Lost items

Gunplummer

New member
It is amazing what you find in the woods the first couple days of deer season, especially around the parking lots. I have found loaded ammo (Actually new, full boxes a few times), a couple thermoses, clothing, compasses, binoculars, boots(New looking), knives, drag ropes, calls...... It is like following a retreating army. My buddy found a rifle at the State Game Lands in PA. He turned it in to the Game Warden and was told if nobody claimed it in so many days, it was his. He has a new 30-06 he found leaning against a tree. The one thing that sticks in my mind is the .416 Rigby round I found near a parking lot in West Virginia when deer hunting.
 
Have you seen the cap for my thermos? I found a duck hunters whole bag once, complete with calls, head net, gloves, etc. I've even found a thermos with hot coffee floating in a river but the following story takes the prize.

I was trout fishing one morning and started to get hungry around 10. I hadn't packed anything to eat and the fishing was good so I didn't want to leave yet. Just then, I turned around and saw an undamaged pack of pop-tarts floating near the bank. After eating them, I felt a little thirsty. Low and behold, an unopened can of natural light came floating toward me. Breakfast of champions!
 
Gunplummer,

Yes, I know of what you speak, however I find most of mine while horseback.

Wyosmith,

To answer your questions the State land that's legal to hunt in Missouri has parking lots, most are not large lots.

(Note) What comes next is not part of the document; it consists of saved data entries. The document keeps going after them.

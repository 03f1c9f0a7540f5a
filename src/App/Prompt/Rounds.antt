-- ===== src/App/Prompt/Rounds.antt =====
-- internal/app/prompt.go: `consumePrompt` as a whole. What the `select` of its loop receives is an input;
-- which of several ready channels it takes is up to the sequence of inputs.
use cyber_foreman.Prelude.{
  ℕ, Bool, true, false, ◌||◌, List, [], ◌∷◌, Option, none, some, if◌then◌else◌, ◌==◌, lookup,
  delete,
}
use cyber_foreman.Domain.{negsuc}
use cyber_foreman.Event.{Event}
use cyber_foreman.Supervisor.Semantic.{SemanticReview, SemanticMidTurnPolicy}
use cyber_foreman.App.Types.{TaskAction, Runtime, Service, cancelled, stopped_session}
use cyber_foreman.App.Service.{fail}
use cyber_foreman.App.Review.{Reviewer}
use cyber_foreman.App.Prompt.State.{
  Plant, Loop, Outcome, stay, leave, new_prompt_snapshot, reset_timer,
}
use cyber_foreman.App.Prompt.Turn.{start_prompt}
use cyber_foreman.App.Prompt.Actions.{on_action}
use cyber_foreman.App.Prompt.Events.{on_event, on_closed}
use cyber_foreman.App.Prompt.MidTurn.{on_mid_turn_due, on_mid_turn_outcome}
use cyber_foreman.App.Prompt.TurnEnd.{PromptOutcome, on_outcome}
use cyber_foreman.App.Prompt.Timers.{on_idle_due, on_hard_due, on_waiting_due}

-- The cases of the `select`. For `closed` and `ended_turn` the flag says whether the context has ended when
-- the code looks at it.
pub data Input : Type 0 where
  acted : TaskAction → Input
  event : Event → Input
  closed : Bool → Input
  mid_turn_due : Input
  mid_turn_reviewed : ℕ → Option SemanticReview → Input
  ended_turn : Bool → PromptOutcome → Input
  idle_due hard_due waiting_due done : Input

-- The policy for reviews of active turns that the loop goes by.
abbrev pub mid_turn_policy : {W : Type 0} → Option (Reviewer W) → SemanticMidTurnPolicy
mid_turn_policy none = record {
  enabled = false;
  interval = 0;
  min_output_runes = 0;
  max_reviews = 0;
}
mid_turn_policy (some r) =
    if m.interval == 0 || (m.min_output_runes == 0 || m.max_reviews == 0)
    then record m { enabled = false }
    else m
  where
    open r.descriptor use {mid_turn as m}

module _ {J S W : Type 0} (p : Plant J S W) where
  -- One round, at the time `now`.
  unfoldable pub round : ℕ → Input → Loop J S W → Outcome J S W
  round now (acted a) l = stay (on_action p a now l)
  round now (event e) l = on_event p e now l
  round now (closed ended) l = on_closed p ended now l
  round now mid_turn_due l = stay (on_mid_turn_due p l)
  round now (mid_turn_reviewed generation review) l = on_mid_turn_outcome p generation review now l
  round now (ended_turn ended o) l = on_outcome p ended o now l
  round now idle_due l = on_idle_due p now l
  round now hard_due l = on_hard_due p now l
  round now waiting_due l = on_waiting_due p now l
  round now done l = leave l

  -- Rounds until the loop ends or the inputs do.
  unfoldable pub rounds : List (ℕ × Input) → Outcome J S W → Outcome J S W
  rounds [] o = o
  rounds ((now, i) ∷ is) (stay l) = rounds is (round now i l)
  rounds ((now, i) ∷ is) (leave l) = leave l

  -- The variables before the loop, and the first prompt.
  unfoldable pub begin : ℕ → Service J S → W → Loop J S W
  begin now s w = start_prompt p p.runtime.prompt p.runtime.prompt "operator" true now (record {
    service = s;
    world = w;
    snapshot = new_prompt_snapshot p.task_id p.runtime.policy now;
    session_id = p.runtime.session_id;
    prompt_active = false;
    generation = 0;
    trusted_prompts = [];
    replay_on_next_prompt = false;
    turn_response = "";
    turn_response_runes = 0;
    current_instruction = "";
    current_instruction_source = "";
    mid_turn_active = false;
    mid_turn_reviews = 0;
    mid_turn_timer = none;
    idle_timer = reset_timer p.runtime.policy.idle_timeout p.runtime.policy.idle_timeout;
    hard_timer = reset_timer p.runtime.policy.hard_timeout p.runtime.policy.hard_timeout;
    waiting_timer = none;
    sequence = 0;
    pending_follow_up = "";
    pending_follow_up_source = "";
    manual_interrupted = false;
    review_context = none;
    replies = [];
  })

  -- The deferred end: the session is cancelled and stopped, and the runtime is removed.
  unfoldable pub clean_up : Loop J S W → Service J S × W
  clean_up l = (
    record l.service {
      session_calls = stopped_session l.session_id ∷ cancelled p.task_id ∷ l.service.session_calls;
      runtimes = delete p.task_id l.service.runtimes;
    },
    (p.agents.stop l.session_id l.world).1,
  )

  abbrev pub ended : Outcome J S W → Option (Service J S × W)
  ended (stay l) = none
  ended (leave l) = some (clean_up l)

  -- `consumePrompt` once the runtime is found, over the inputs that it receives: `none` while the loop goes
  -- on.
  unfoldable pub consume_prompt : ℕ → List (ℕ × Input) → Service J S → W → Option (Service J S × W)
  consume_prompt now is s w = ended (rounds is (stay (begin now s w)))

module _ {J S W : Type 0} where
  abbrev pub with_runtime : Runtime → Plant J S W → Plant J S W
  with_runtime r p = record p { runtime = r; mid_turn = mid_turn_policy p.reviewer }

  abbrev pub consume_found :
      Plant J S W
      → Option Runtime
      → ℕ
      → List (ℕ × Input)
      → Service J S
      → W
      → Option (Service J S × W)
  consume_found p none now is s w =
      some ((fail p.env p.ops p.task_id (negsuc 0) "prompt runtime is missing" now s).1, w)
  consume_found p (some r) now is s w = consume_prompt (with_runtime r p) now is s w

  -- `Service.consumePrompt`: the runtime is the one that the service keeps for the task.
  unfoldable pub consume :
      Plant J S W → ℕ → List (ℕ × Input) → Service J S → W → Option (Service J S × W)
  consume p now is s w = consume_found p (lookup p.task_id s.runtimes) now is s w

I have about 3800 acres of State land by me but it's not all one continuous piece.

Best Regards
Bob Hunter
 
Wyosmith we have to many parking lots for hunting. Theres 1 on each side of my house within 5 miles. Every state game lands has parking lots.
 
I never have hunting in the eastern USA on any state lands.

So forgive my surprise. Out here in the west and in Alaska, you go to the field and hunt, but very few places do you park near a paved road, and any parking lot would be a long way from where you'd find legal game to hunt.

Just struck me as odd.....


Different kind of world I guess.
 
I live in the NW corner of GA. Twice in the last 15-20 years some pretty bad tornadoes have hit in Alabama and the remains of the storms have gone directly over where I live. Seems to always hit during turkey season.

After these storms the woods have been littered with building debris, and all sorts of papers. I found some guys W-2 forms from a town 70 miles away and mailed them back to him. I was hoping he'd contact me, but never did.

This is part of a metal storage building, from 70 miles away where the tornado hit.

 
jmr40,

We have the same thing with tornados in our part of the country.
That piece of metal looks like some I've found on State ground around me.

Over at one of the State parking lots there's an outhouse made from concrete blocks, tornado hit it, blew everything away except the stool.
I was going to have my wife take a picture of me sitting on the pot and put a caption on the picture that reads "boy them beans were good".

There's a lot things to be found on State ground besides the game you're hunting.

Best Regards
Bob Hunter
 
Wyosmith, what happens at lots of eastern public hunting areas is that you have sections of land that don't allow vehicle access. There are frequently old logging roads or emergency access trails that go into the land but the hunters aren't allowed to drive on them. So, the owning agency makes a small parking area where these logging roads meet up with a public road. Hunters have to park there and walk in to their hunting area.
 
Hunting paraphernalia. Not quite what I found left behind.

Public hunting land. Well if empty beer cans_ soda cans_lunch bags/plastic wrap_ candy wrappers _magazines _even a toilet left behind count. That's what I found more than once.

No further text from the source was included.